■ MATERIAL FOR THE TASK ■
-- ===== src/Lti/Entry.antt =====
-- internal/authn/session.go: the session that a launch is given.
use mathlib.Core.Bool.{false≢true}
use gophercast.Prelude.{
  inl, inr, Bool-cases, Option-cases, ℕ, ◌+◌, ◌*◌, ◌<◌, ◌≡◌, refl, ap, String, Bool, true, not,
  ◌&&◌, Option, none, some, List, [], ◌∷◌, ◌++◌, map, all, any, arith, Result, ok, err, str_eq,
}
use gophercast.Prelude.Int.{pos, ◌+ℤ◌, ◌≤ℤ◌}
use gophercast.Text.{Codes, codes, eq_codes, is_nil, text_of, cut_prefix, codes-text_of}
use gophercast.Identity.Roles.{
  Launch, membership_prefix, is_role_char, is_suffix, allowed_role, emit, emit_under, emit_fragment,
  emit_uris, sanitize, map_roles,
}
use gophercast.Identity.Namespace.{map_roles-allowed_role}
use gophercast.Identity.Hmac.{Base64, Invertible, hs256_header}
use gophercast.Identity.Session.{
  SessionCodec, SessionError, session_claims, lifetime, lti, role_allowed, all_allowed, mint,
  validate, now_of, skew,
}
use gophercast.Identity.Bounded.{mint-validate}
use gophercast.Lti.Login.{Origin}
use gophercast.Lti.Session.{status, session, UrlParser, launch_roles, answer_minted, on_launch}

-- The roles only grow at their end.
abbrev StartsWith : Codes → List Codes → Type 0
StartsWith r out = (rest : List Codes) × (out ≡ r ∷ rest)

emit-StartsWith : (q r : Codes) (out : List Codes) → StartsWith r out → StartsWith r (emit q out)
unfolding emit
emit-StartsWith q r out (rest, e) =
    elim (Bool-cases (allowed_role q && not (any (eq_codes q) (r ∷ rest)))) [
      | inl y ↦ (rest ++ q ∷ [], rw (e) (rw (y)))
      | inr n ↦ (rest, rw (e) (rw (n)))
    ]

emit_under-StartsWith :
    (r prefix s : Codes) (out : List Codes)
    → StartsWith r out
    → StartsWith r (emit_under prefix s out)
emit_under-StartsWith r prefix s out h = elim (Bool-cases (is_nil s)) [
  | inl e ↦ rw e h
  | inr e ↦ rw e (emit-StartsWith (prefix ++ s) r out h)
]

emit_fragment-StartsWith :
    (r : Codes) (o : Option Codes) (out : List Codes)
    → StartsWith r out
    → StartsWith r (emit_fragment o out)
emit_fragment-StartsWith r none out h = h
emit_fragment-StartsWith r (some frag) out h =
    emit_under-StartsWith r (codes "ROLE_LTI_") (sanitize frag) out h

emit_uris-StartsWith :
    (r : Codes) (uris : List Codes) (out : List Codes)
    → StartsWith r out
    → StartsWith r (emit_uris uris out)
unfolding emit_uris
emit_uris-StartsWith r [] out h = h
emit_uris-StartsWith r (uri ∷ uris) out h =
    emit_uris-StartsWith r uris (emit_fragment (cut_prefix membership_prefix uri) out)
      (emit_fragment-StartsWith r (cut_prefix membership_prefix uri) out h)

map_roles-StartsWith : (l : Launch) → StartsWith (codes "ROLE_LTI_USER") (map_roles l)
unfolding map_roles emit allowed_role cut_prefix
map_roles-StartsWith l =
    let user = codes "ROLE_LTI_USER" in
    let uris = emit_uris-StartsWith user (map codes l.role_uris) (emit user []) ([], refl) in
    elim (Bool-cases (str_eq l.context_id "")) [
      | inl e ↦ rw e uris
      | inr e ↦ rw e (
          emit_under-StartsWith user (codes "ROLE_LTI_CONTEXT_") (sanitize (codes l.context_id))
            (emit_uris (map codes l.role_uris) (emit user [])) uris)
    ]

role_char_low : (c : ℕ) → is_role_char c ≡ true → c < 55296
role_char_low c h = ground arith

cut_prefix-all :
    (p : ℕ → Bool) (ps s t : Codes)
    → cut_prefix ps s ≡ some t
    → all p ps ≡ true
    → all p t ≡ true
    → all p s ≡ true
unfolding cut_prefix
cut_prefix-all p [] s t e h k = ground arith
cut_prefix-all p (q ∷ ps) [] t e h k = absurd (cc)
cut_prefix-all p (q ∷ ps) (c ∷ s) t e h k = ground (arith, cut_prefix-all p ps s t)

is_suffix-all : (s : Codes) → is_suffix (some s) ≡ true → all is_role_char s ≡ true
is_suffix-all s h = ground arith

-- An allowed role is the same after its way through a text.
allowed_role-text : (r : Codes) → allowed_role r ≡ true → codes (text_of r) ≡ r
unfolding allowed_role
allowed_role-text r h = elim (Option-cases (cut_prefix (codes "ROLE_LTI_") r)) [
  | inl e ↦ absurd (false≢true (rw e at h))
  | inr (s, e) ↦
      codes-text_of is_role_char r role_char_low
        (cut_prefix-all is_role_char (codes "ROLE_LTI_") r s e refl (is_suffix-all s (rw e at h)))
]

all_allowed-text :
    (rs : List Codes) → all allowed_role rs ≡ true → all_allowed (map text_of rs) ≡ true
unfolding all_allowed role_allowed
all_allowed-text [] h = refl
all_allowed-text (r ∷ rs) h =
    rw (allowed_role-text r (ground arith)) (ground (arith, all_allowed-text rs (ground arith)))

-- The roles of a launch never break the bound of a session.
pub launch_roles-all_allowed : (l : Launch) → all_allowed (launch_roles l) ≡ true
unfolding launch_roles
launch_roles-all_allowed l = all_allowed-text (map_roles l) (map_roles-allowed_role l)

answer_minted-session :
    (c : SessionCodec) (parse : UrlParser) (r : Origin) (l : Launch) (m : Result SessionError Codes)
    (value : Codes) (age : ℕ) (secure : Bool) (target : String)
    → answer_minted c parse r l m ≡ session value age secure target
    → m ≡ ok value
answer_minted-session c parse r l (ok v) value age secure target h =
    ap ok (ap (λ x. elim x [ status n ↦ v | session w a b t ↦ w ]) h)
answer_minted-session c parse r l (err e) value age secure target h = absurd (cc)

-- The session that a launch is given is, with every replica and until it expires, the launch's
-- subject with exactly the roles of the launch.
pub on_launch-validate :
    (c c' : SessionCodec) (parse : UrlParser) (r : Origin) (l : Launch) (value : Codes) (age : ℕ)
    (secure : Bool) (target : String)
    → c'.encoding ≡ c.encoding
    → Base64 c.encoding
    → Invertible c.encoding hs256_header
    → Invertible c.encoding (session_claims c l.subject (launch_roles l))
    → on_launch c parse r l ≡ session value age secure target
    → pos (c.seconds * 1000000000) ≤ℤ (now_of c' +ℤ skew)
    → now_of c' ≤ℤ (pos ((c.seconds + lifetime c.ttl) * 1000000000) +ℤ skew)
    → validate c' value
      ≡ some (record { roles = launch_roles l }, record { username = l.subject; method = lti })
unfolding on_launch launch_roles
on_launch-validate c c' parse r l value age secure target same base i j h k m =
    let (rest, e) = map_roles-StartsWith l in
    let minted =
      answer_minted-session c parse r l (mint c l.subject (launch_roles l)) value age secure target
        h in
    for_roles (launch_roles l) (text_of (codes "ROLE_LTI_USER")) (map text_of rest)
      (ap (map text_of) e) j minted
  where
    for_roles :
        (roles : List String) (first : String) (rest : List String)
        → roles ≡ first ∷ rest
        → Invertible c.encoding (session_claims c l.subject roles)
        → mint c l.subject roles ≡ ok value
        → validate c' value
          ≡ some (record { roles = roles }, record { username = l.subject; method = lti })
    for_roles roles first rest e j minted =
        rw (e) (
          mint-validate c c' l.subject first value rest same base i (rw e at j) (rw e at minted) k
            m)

* * *

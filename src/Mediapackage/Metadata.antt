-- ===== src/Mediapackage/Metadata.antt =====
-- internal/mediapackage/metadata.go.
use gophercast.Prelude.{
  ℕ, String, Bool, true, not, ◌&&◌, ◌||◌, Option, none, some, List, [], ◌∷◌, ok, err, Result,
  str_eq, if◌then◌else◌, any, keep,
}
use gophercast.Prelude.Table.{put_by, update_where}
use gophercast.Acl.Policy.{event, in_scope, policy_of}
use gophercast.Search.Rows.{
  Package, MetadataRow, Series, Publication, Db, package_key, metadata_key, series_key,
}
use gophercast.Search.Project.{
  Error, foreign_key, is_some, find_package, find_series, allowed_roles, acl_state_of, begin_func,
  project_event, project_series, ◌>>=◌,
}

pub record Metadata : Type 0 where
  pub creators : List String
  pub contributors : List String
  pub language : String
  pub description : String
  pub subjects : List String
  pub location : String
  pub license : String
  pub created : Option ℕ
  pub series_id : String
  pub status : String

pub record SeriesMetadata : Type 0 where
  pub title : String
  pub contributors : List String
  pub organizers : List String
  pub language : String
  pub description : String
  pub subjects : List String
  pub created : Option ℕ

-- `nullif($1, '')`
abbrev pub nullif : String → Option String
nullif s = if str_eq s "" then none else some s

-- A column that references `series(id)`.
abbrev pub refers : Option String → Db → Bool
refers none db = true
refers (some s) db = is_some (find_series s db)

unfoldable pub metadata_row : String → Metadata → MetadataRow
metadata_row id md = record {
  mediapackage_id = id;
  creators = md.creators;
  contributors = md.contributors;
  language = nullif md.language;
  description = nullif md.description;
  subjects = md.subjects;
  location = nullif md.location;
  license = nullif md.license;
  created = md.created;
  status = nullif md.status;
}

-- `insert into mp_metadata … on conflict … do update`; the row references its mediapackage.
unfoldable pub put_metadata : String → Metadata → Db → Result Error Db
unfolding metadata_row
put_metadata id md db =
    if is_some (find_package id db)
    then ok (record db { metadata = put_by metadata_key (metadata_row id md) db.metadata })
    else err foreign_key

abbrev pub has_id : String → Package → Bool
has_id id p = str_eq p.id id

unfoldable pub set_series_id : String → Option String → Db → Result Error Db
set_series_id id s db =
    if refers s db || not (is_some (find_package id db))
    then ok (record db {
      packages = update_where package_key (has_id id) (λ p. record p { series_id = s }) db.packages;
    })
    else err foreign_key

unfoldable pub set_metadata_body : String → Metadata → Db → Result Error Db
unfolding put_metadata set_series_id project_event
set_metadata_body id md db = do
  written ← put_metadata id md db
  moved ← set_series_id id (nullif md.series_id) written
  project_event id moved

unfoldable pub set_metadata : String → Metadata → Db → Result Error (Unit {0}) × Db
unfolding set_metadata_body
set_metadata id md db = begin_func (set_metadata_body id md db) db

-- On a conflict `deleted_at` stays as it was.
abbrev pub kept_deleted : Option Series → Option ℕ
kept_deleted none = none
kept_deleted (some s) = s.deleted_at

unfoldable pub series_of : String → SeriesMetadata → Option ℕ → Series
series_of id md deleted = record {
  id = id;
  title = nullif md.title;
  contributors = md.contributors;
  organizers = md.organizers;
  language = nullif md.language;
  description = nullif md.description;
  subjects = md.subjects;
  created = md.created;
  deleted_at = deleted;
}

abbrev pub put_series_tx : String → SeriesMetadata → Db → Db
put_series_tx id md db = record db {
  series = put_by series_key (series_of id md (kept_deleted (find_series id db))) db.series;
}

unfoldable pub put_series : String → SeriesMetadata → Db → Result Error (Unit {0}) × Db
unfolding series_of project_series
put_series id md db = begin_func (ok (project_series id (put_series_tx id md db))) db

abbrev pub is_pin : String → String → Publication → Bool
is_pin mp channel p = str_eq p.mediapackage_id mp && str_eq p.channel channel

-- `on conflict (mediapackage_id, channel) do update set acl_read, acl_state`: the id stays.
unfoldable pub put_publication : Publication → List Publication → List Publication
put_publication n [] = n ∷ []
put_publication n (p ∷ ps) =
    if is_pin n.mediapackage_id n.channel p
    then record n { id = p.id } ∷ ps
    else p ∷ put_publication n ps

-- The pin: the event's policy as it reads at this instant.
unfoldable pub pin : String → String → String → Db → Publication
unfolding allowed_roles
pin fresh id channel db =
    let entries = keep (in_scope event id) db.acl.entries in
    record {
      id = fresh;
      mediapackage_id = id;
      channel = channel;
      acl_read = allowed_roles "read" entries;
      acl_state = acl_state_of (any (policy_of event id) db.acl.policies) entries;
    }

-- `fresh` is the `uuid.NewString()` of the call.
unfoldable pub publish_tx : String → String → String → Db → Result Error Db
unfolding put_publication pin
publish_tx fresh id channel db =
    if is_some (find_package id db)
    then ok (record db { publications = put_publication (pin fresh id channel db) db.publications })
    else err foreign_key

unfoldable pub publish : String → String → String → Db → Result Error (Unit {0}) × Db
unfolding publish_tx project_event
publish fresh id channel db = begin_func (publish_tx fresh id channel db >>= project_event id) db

...

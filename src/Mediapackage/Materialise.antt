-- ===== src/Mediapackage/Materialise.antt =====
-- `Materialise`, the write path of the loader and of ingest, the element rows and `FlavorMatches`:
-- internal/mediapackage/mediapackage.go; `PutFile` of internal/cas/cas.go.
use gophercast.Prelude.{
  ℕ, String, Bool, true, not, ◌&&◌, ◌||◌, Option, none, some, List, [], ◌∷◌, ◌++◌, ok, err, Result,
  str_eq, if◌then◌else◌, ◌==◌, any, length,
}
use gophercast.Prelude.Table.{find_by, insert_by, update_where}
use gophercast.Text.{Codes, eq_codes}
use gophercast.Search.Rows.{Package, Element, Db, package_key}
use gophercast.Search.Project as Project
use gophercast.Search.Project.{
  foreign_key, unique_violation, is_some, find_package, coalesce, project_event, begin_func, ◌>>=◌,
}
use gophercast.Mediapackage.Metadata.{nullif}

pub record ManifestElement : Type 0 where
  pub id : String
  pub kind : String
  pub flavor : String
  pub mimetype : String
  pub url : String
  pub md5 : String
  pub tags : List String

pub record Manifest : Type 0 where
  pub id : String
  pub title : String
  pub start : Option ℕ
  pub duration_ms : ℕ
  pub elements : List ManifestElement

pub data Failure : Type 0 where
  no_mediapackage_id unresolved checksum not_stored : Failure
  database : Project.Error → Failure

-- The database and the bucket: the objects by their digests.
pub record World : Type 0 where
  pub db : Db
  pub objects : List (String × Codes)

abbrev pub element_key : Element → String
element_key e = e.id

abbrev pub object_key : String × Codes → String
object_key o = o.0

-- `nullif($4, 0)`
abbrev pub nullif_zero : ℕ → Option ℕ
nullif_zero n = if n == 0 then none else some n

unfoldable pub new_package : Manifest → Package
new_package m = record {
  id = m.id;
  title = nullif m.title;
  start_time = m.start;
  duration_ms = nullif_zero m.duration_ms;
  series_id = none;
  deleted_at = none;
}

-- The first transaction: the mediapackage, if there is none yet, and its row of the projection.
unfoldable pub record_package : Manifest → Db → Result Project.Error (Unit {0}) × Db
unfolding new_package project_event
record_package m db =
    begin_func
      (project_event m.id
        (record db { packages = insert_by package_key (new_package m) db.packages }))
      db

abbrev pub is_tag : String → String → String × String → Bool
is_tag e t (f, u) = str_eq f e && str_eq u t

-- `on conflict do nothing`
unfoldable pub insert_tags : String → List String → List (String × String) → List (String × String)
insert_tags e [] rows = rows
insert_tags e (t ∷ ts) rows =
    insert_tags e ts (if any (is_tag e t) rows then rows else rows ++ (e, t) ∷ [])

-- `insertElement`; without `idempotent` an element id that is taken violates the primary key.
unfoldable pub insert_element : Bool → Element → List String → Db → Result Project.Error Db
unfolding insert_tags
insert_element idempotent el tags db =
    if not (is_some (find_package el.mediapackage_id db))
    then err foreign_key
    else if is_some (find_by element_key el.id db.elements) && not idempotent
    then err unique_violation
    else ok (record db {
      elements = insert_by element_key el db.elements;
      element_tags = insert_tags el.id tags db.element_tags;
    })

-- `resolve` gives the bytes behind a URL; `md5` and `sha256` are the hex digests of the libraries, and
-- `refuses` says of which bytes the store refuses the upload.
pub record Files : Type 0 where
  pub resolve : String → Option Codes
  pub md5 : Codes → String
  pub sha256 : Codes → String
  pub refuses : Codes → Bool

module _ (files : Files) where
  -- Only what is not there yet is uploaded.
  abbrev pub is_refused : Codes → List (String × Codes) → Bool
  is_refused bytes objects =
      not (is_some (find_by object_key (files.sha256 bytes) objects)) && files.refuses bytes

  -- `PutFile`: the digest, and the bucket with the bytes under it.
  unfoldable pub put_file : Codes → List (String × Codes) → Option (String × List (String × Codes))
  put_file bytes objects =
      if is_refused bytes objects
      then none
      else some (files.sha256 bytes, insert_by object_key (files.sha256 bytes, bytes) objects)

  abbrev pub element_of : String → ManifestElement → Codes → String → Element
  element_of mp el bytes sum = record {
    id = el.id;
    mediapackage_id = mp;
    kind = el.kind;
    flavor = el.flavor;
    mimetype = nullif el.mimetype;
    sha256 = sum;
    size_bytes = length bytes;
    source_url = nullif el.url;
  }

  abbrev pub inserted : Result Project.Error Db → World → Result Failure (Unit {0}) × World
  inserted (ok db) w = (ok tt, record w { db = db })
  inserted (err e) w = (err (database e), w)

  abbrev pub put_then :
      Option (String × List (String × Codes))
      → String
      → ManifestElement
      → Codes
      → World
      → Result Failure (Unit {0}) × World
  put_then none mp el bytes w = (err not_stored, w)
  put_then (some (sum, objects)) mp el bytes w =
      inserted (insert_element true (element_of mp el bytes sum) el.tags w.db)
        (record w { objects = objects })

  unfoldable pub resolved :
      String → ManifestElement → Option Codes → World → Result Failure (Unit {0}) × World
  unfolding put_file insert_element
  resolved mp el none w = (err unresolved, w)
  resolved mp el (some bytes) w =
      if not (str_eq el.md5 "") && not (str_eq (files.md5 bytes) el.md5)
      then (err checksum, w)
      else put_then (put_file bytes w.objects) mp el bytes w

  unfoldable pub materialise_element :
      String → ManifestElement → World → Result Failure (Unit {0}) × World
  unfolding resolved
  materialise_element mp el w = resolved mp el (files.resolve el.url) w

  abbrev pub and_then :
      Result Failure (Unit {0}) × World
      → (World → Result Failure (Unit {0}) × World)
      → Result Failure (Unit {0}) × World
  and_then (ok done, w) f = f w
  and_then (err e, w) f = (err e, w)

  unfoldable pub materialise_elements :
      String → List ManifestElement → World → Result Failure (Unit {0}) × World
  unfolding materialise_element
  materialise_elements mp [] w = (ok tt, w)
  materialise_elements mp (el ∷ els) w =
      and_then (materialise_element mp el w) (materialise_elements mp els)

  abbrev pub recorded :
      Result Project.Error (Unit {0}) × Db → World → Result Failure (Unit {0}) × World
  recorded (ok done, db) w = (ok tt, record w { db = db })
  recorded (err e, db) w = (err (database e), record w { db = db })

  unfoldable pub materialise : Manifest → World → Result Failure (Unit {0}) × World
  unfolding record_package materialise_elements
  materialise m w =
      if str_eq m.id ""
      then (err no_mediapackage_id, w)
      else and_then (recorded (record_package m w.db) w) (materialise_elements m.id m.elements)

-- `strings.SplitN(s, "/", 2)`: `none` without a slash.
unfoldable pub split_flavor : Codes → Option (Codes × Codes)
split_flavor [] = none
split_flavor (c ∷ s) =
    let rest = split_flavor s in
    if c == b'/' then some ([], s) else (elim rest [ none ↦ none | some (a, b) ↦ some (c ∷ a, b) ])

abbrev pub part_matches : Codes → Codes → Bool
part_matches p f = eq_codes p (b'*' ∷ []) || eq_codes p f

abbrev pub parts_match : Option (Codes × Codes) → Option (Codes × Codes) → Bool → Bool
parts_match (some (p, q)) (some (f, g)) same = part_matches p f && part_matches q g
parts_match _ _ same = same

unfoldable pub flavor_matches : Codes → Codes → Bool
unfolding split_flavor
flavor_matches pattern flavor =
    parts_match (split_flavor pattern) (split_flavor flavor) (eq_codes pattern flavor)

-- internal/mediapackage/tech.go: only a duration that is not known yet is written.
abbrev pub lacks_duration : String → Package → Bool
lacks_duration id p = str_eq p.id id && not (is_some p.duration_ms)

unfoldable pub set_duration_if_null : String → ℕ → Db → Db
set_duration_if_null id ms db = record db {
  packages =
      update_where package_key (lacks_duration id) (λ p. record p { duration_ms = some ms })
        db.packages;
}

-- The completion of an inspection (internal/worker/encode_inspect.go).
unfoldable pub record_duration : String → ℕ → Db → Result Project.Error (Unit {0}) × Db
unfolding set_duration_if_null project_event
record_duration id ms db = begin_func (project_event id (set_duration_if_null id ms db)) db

■ WHAT THE TASK REQUIRES ■
From the listing above, collect every line that mentions the word "refl".

■ OUTPUT FOR THIS TASK ■
  inl, inr, Bool-cases, Option-cases, ℕ, ◌+◌, ◌*◌, ◌<◌, ◌≡◌, refl, ap, String, Bool, true, not,
    let uris = emit_uris-StartsWith user (map codes l.role_uris) (emit user []) ([], refl) in
        (cut_prefix-all is_role_char (codes "ROLE_LTI_") r s e refl (is_suffix-all s (rw e at h)))
all_allowed-text [] h = refl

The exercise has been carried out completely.